Why Blend Coffee Beans?
Coffee blends are making a comeback. Once criticised as a vehicle for large commercial coffee roasters to use up leftover coffee beans and combine cheap coffee with more expensive beans to reduce the cost of their offerings, blends are now making a comeback via artisan and speciality roasters because their customers demand flavour profiles that are repeatable and consistent, year round.
A coffee blend is a mixture of two or more different single origin coffee beans that are mixed together. The idea behind blends is to take the best qualities from different origins and blend them to create a smooth, well-balanced tasting coffee. Normally, combining the different origin coffees adds greater balance and complexity, while highlighting the best notes of each component coffee. Another advantage of blends is the fact that they are not as overpowering as single origins. As a result, they work well as the base for your traditional espresso based drinks, such as lattes and cappuccinos.
In addition, blends are often more consistent and forgiving than single origins. This is to do with the fact that you will notice the seasonal variations more in a single origin than you will with a blend. On many occasions, single origins will only be available for certain periods of the year as they are generally grown in much smaller quantities than beans that are used as bases of blends. Since qualities like body and flavour can differ markedly between farms, regions and even harvests from the same farms, the only way to ensure consistent flavour is to blend coffees from several different regions in order to minimize the differences among them.
The big challenge with a blend is to try to create a coffee that maintains an all-year-round consistency without losing all of the unique origin flavours. In order to achieve this, a lot of roasters will roast their blends darker (medium or dark roast) in an attempt to be able to achieve a more uniform and consistent taste. The main disadvantage of roasting darker is that you can lose the unique coffee origin flavours and develop more darker and bitter flavours in the coffee. Some people look for these flavours especially in stronger espresso roasts as bitterness is often wrongly associated with the strength of a coffee.
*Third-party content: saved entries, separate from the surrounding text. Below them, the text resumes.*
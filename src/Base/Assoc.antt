-- ===== src/Base/Assoc.antt =====
-- What `BTreeMap` and `HashMap` share: an association list in the order of iteration, its lookup
-- and its removal. Lookup laws are in `if` form and hold of every list.
use datacake.Base.Tests.{if◌then◌else◌, Bool-cases}
use datacake.Base.Ord.{Ord}
use mathlib.Core.Path.{◌≡◌, refl}
use mathlib.Core.Logic.{inl, inr}
use mathlib.Core.Option.{Option, none, some}
use mathlib.Core.List.{List, [], ◌∷◌, ◌++◌}
use native.Mathlib.Omega.{arith}

module _ {ℓ κ} {K : Type ℓ} {V : Type κ} ⦃o : Ord K⦄ where
  unfoldable pub get : K → List (K × V) → Option V
  get k [] = none
  get k ((j, v) ∷ m) = if o.beq j k then some v else get k m

  unfoldable pub remove : K → List (K × V) → List (K × V)
  remove k [] = []
  remove k ((j, v) ∷ m) = let rest = remove k m in if o.beq j k then rest else (j, v) ∷ rest

  -- The values that a loop over the list meets at one key, in order.
  unfoldable pub at : K → List (K × V) → List V
  at k [] = []
  at k ((j, v) ∷ m) = let rest = at k m in if o.beq j k then v ∷ rest else rest

  -- No key occurs twice.
  abbrev pub Unique : List (K × V) → Type κ
  Unique [] = Unit
  Unique ((k, v) ∷ m) = (get k m ≡ none) × Unique m

  pub get-remove :
      (j k : K) (m : List (K × V)) → get j (remove k m) ≡ (if o.beq k j then none else get j m)
  unfolding get remove
  get-remove j k [] = ground arith
  get-remove j k ((i, v) ∷ m) =
      ground (arith, o.beq_iff i k, o.beq_iff i j, o.beq_iff k j, get-remove j k m)

  pub remove-Unique : (k : K) (m : List (K × V)) → Unique m → Unique (remove k m)
  unfolding remove
  remove-Unique k [] u = tt
  remove-Unique k ((i, v) ∷ m) u = ground (arith, get-remove i k m, remove-Unique k m u.1)

abbrev pub option_list {ℓ} : {V : Type ℓ} → Option V → List V
option_list none = []
option_list (some v) = v ∷ []

module _ {ℓ κ} {K : Type ℓ} {V : Type κ} ⦃o : Ord K⦄ where
  pub at-none : (k : K) (m : List (K × V)) → get k m ≡ none → at k m ≡ []
  unfolding get at
  at-none k [] h = refl
  at-none k ((j, v) ∷ m) h = ground (arith, at-none k m)

  pub at-Unique : (k : K) (m : List (K × V)) → Unique m → at k m ≡ option_list (get k m)
  unfolding get at
  at-Unique k [] u = refl
  at-Unique k ((j, v) ∷ m) u = elim (Bool-cases (o.beq j k)) [
    | inl e ↦ ground (arith, o.beq_iff j k, at-none k m, at-Unique k m u.1)
    | inr e ↦ ground (arith, at-Unique k m u.1)
  ]

  pub at-append : (k : K) (l m : List (K × V)) → at k (l ++ m) ≡ at k l ++ at k m
  unfolding at
  at-append k [] m = refl
  at-append k ((j, v) ∷ l) m = ground (arith, at-append k l m)

  pub get-append :
      (k : K) (l m : List (K × V))
      → get k (l ++ m) ≡ elim (get k l) [ none ↦ get k m | some v ↦ some v ]
  unfolding get
  get-append k [] m = refl
  get-append k ((j, v) ∷ l) m = ground (arith, get-append k l m)

  pub append_one-Unique :
      (k : K) (v : V) (l : List (K × V)) → Unique l → get k l ≡ none → Unique (l ++ (k, v) ∷ [])
  unfolding get
  append_one-Unique k v [] u h = (refl, tt)
  append_one-Unique k v ((j, w) ∷ l) u h = ground (
    arith,
    o.beq_iff j k,
    o.beq_iff k j,
    get-append j l ((k, v) ∷ []),
    append_one-Unique k v l u.1,
  )
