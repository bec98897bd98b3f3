-- ===== src/Base/BTreeMap.antt =====
-- `BTreeMap`: the list is sorted by key, and `insert` keeps it so.
use datacake.Base.Tests.{if◌then◌else◌}
use datacake.Base.Ord.{Ord}
use datacake.Base.Assoc.{get, remove, Unique}
use mathlib.Core.Path.{◌≡◌, refl}
use mathlib.Core.Bool.{true}
use mathlib.Core.Option.{none, some}
use mathlib.Core.List.{List, [], ◌∷◌}
use native.Mathlib.Omega.{arith}

module _ {ℓ κ} {K : Type ℓ} {V : Type κ} ⦃o : Ord K⦄ where
  unfoldable pub insert : K → V → List (K × V) → List (K × V)
  insert k v [] = (k, v) ∷ []
  insert k v ((j, w) ∷ m) =
      let rest = insert k v m in
      if o.lt k j then (k, v) ∷ (j, w) ∷ m else if o.beq j k then (k, v) ∷ m else (j, w) ∷ rest

  pub get-insert :
      (j k : K) (v : V) (m : List (K × V))
      → get j (insert k v m) ≡ (if o.beq k j then some v else get j m)
  unfolding get insert
  get-insert j k v [] = refl
  get-insert j k v ((i, w) ∷ m) =
      ground (arith, o.beq_iff i k, o.beq_iff i j, o.beq_iff k j, get-insert j k v m)

  -- Every key of the list is above `k`.
  abbrev pub Above : K → List (K × V) → Type 0
  Above k [] = Unit
  Above k ((j, v) ∷ m) = (o.lt k j ≡ true) × Above k m

  abbrev pub IsSorted : List (K × V) → Type 0
  IsSorted [] = Unit
  IsSorted ((k, v) ∷ m) = Above k m × IsSorted m

  pub get-Above : (k : K) (m : List (K × V)) → Above k m → get k m ≡ none
  unfolding get
  get-Above k [] a = refl
  get-Above k ((j, v) ∷ m) a = ground (arith, o.beq_iff j k, o.lt_irrefl k, get-Above k m a.1)

  pub IsSorted-Unique : (m : List (K × V)) → IsSorted m → Unique m
  IsSorted-Unique [] s = tt
  IsSorted-Unique ((k, v) ∷ m) s = (get-Above k m s.0, IsSorted-Unique m s.1)

  pub Above-trans : (i k : K) (m : List (K × V)) → o.lt i k ≡ true → Above k m → Above i m
  Above-trans i k [] h a = tt
  Above-trans i k ((j, v) ∷ m) h a = (o.lt_trans i k j h a.0, Above-trans i k m h a.1)

  Above-insert :
      (i k : K) (v : V) (m : List (K × V)) → o.lt i k ≡ true → Above i m → Above i (insert k v m)
  unfolding insert
  Above-insert i k v [] h a = (h, tt)
  Above-insert i k v ((j, w) ∷ m) h a = ground (arith, Above-insert i k v m h a.1)

  Above-remove : (i k : K) (m : List (K × V)) → Above i m → Above i (remove k m)
  unfolding remove
  Above-remove i k [] a = tt
  Above-remove i k ((j, w) ∷ m) a = ground (arith, Above-remove i k m a.1)

  pub insert-IsSorted : (k : K) (v : V) (m : List (K × V)) → IsSorted m → IsSorted (insert k v m)
  unfolding insert
  insert-IsSorted k v [] s = (tt, tt)
  insert-IsSorted k v ((j, w) ∷ m) s = ground (
    arith,
    o.beq_iff j k,
    o.beq_iff k j,
    o.lt_connex k j,
    Above-trans k j m,
    Above-insert j k v m,
    insert-IsSorted k v m s.1,
  )

  pub remove-IsSorted : (k : K) (m : List (K × V)) → IsSorted m → IsSorted (remove k m)
  unfolding remove
  remove-IsSorted k [] s = tt
  remove-IsSorted k ((j, w) ∷ m) s = ground (arith, Above-remove j k m s.0, remove-IsSorted k m s.1)
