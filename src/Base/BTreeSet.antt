-- ===== src/Base/BTreeSet.antt =====
-- `BTreeSet`: a sorted list without repetitions. The laws are on what a set contains.
use datacake.Base.Tests.{if◌then◌else◌}
use datacake.Base.Ord.{Ord}
use mathlib.Core.Path.{◌≡◌, refl}
use mathlib.Core.Bool.{Bool, false, not, ◌&&◌, ◌||◌}
use mathlib.Core.List.{List, [], ◌∷◌}
use native.Mathlib.Omega.{arith}

module _ {ℓ} {K : Type ℓ} ⦃o : Ord K⦄ where
  unfoldable pub contains : K → List K → Bool
  contains k [] = false
  contains k (j ∷ s) = o.beq j k || contains k s

  unfoldable pub insert : K → List K → List K
  insert k [] = k ∷ []
  insert k (j ∷ s) =
      let rest = insert k s in if o.lt k j then k ∷ j ∷ s else if o.beq j k then j ∷ s else j ∷ rest

  -- `iter().collect()`.
  unfoldable pub collect : List K → List K
  unfolding insert
  collect [] = []
  collect (k ∷ ks) = insert k (collect ks)

  unfoldable pub difference : List K → List K → List K
  unfolding contains
  difference [] t = []
  difference (k ∷ s) t = let rest = difference s t in if contains k t then rest else k ∷ rest

  pub contains-insert :
      (j k : K) (s : List K) → contains j (insert k s) ≡ (o.beq k j || contains j s)
  unfolding contains insert
  contains-insert j k [] = refl
  contains-insert j k (i ∷ s) =
      ground (arith, o.beq_iff i k, o.beq_iff i j, o.beq_iff k j, contains-insert j k s)

  pub contains-collect : (j : K) (ks : List K) → contains j (collect ks) ≡ contains j ks
  unfolding contains collect
  contains-collect j [] = refl
  contains-collect j (k ∷ ks) =
      ground (arith, contains-insert j k (collect ks), contains-collect j ks)

  pub contains-difference :
      (k : K) (s t : List K) → contains k (difference s t) ≡ (contains k s && not (contains k t))
  unfolding contains difference
  contains-difference k [] t = refl
  contains-difference k (j ∷ s) t = ground (arith, o.beq_iff j k, contains-difference k s t)
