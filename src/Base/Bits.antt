-- ===== src/Base/Bits.antt =====
-- `|` of disjoint fields and `&` with a mask of low bits, as arithmetic. The native operations
-- have their definition by binary digits only.
use Prim.Native.Nat.{
  ℕ, zero, suc, ◌+◌, ◌*◌, ◌-◌, ◌/◌, ◌%◌, ◌^◌, ◌≤◌, ◌<◌, max, min, bit_or, bit_and, digits,
  bit_or-bitwise, bit_and-bitwise,
}
use mathlib.Core.Path.{◌≡◌, refl, ap, ◌∙◌}
use native.Mathlib.Nat.{pow-suc, one-le-pow}
use native.Mathlib.Omega.{arith}

-- `x << k` and `x >> k` before any wrap.
abbrev pub shl : ℕ → ℕ → ℕ
shl x k = x * 2 ^ k

abbrev pub shr : ℕ → ℕ → ℕ
shr x k = x / 2 ^ k

abbrev or_digits : ℕ → ℕ → ℕ → ℕ
or_digits n a b = digits (λ b. b) max n a b

abbrev and_digits : ℕ → ℕ → ℕ → ℕ
and_digits n a b = digits (λ b. zero) min n a b

double : (q k : ℕ) → q * 2 ^ suc k ≡ 2 * (q * 2 ^ k)
double q k = omega (arith, ap (λ (t : ℕ). q * t) (pow-suc 2 k))

half_mask : (k : ℕ) → (2 ^ suc k - 1) / 2 ≡ 2 ^ k - 1
half_mask k = omega (arith, pow-suc 2 k, one-le-pow k 2)

-- One number is a multiple of `2 ^ k`, the other fits below it: no digit carries.
or_digits_fields : (n k a q r : ℕ) → a ≤ n → a ≡ q * 2 ^ k → r < 2 ^ k → or_digits n a r ≡ a + r
or_digits_fields zero k zero q r h e f = omega arith
or_digits_fields zero k (suc a) q r h e f = absurd (omega arith)
or_digits_fields (suc n) k zero q r h e f = omega arith
or_digits_fields (suc n) zero (suc a) q r h e f = omega (
  arith,
  or_digits_fields n zero (suc a / 2) (suc a / 2) (r / 2) (omega arith) (omega arith) (omega arith),
)
or_digits_fields (suc n) (suc k) (suc a) q r h e f = omega (
  arith,
  double q k,
  or_digits_fields n k (suc a / 2) q (r / 2) (omega arith) (omega (arith, double q k))
      (omega (arith, pow-suc 2 k)),
)

pub bit_or_disjoint : (k q r : ℕ) → r < 2 ^ k → bit_or (shl q k) r ≡ shl q k + r
bit_or_disjoint k q r f =
    bit_or-bitwise (shl q k) r ∙ or_digits_fields (shl q k) k (shl q k) q r (omega arith) refl f

-- A mask of `k` ones keeps the remainder by `2 ^ k`.
and_digits_mask :
    (n k a q r : ℕ) → a ≤ n → a ≡ q * 2 ^ k + r → r < 2 ^ k → and_digits n a (2 ^ k - 1) ≡ r
and_digits_mask zero k zero q r h e f = omega arith
and_digits_mask zero k (suc a) q r h e f = absurd (omega arith)
and_digits_mask (suc n) k zero q r h e f = omega arith
and_digits_mask (suc n) zero (suc a) q r h e f = omega (
  arith,
  and_digits_mask n zero (suc a / 2) (suc a / 2) 0 (omega arith) (omega arith) (omega arith),
)
and_digits_mask (suc n) (suc k) (suc a) q r h e f = omega (
  arith,
  double q k,
  pow-suc 2 k,
  one-le-pow k 2,
  and_digits_mask n k (suc a / 2) q (r / 2) (omega arith) (omega (arith, double q k))
      (omega (arith, pow-suc 2 k)),
  ap (λ (t : ℕ). and_digits n (suc a / 2) t) (half_mask k),
)

pub bit_and_mask : (k a : ℕ) → bit_and a (2 ^ k - 1) ≡ a % 2 ^ k
bit_and_mask k a =
    bit_and-bitwise a (2 ^ k - 1)
    ∙ and_digits_mask a k a (a / 2 ^ k) (a % 2 ^ k) (omega arith) (omega (arith, one-le-pow k 2))
        (omega (arith, one-le-pow k 2))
While consistency may be one of the factors considered when specialty and artisan roasters blend coffees, their main goal in blending is to create a specific flavour profile that they expect many customers will enjoy. This is where the artistry of coffee blending lies, in discovering and melding the unique qualities of two or more coffees to create a new coffee that is more than the sum of its parts. It’s not possible to fully predict what the coffees will taste like when blended, but there are rules of thumb which roasters follow to help remove some of the guess work.
Most coffee roasters use no more than five coffees per blend, with each single origin bean making-up at least 8% of the final product. Since a single espresso shot uses roughly 17g of coffee, this equates to only 100 beans. So, if a coffee is much less than 8% of the blend, it really makes a negligible contribution to the coffee flavour. Roasters choose to set a tone for the flavour of the blend by choosing a single origin which will act as a “base” bean for the coffee. This normally constitutes between 30% to 40% of the blend.
The choice of base bean will determine where the balance of the coffee flavour lies between the three types of flavour notes:
- Low Notes: are the musky, chocolatey, nutty, earthy, caramel, or ashy type flavours detected on the front of the tongue. Sweet low notes make for a smooth coffee and are popular in blends, referring to the presence of a caramelly flavour in the coffee. To create a sweeter blend, roasters use coffees that take on browning flavours from the roasting process. Roasters will use Brazilian, Mexican, or Peruvian single origin beans as a base to achieve sweet low notes.
- Middle Notes: or mid-palate, define the body of the coffee during the moment between the first sip and the swallow. Blends that are dissatisfying during the mid-palate are often called “hollow”, or lacking in body. To avoid this in a blend, roasters use a juicy bean with plenty of malic acid - think flavour notes of green apple, peach, or stone fruit. For a blend with strong body, turn to origins such as Colombia, Guatemala, and Costa Rica as the base bean.
- High Notes: are the bright, acidic, floral, citrus, or cinnamon type flavors and aromas. Some single origin coffees which are strong in these high notes can, by themselves, be overpowering. But, they work very well in blends to give added complexity, through acidity and floral notes. Kenyan or Ethiopian beans can be used as a base in blends to give strong high notes to the blend.
Most blends combine beans which have low, middle and high notes in order to offer the complexity and balance now valued by coffee drinkers. But the specific ratio combinations vary significantly, depending on the flavour characteristics suited to the role of the blend. For example, breakfast blends are often made up of a higher percentage of bright, acidic coffees. While Italian Blends are made up of beans with earthy notes which hold up under a darker roast and which have hardly any brightness.
Roasters tend to guard their blend recipes fiercely because their blends provide a point of difference from other coffee roasters. When trying a coffee from a new roaster, we always recommend starting with its Signature Blend. These blends normally represent the flavour philosophy of the roaster. And this is certainly true for Spiller & Tait. Our Signature Blend combines five single origin beans from around the world, which are medium roasted to achieve a coffee which is smooth, balanced and lacking in bitterness - flavour traits that we believe are valued by the majority of coffee drinkers in the UK.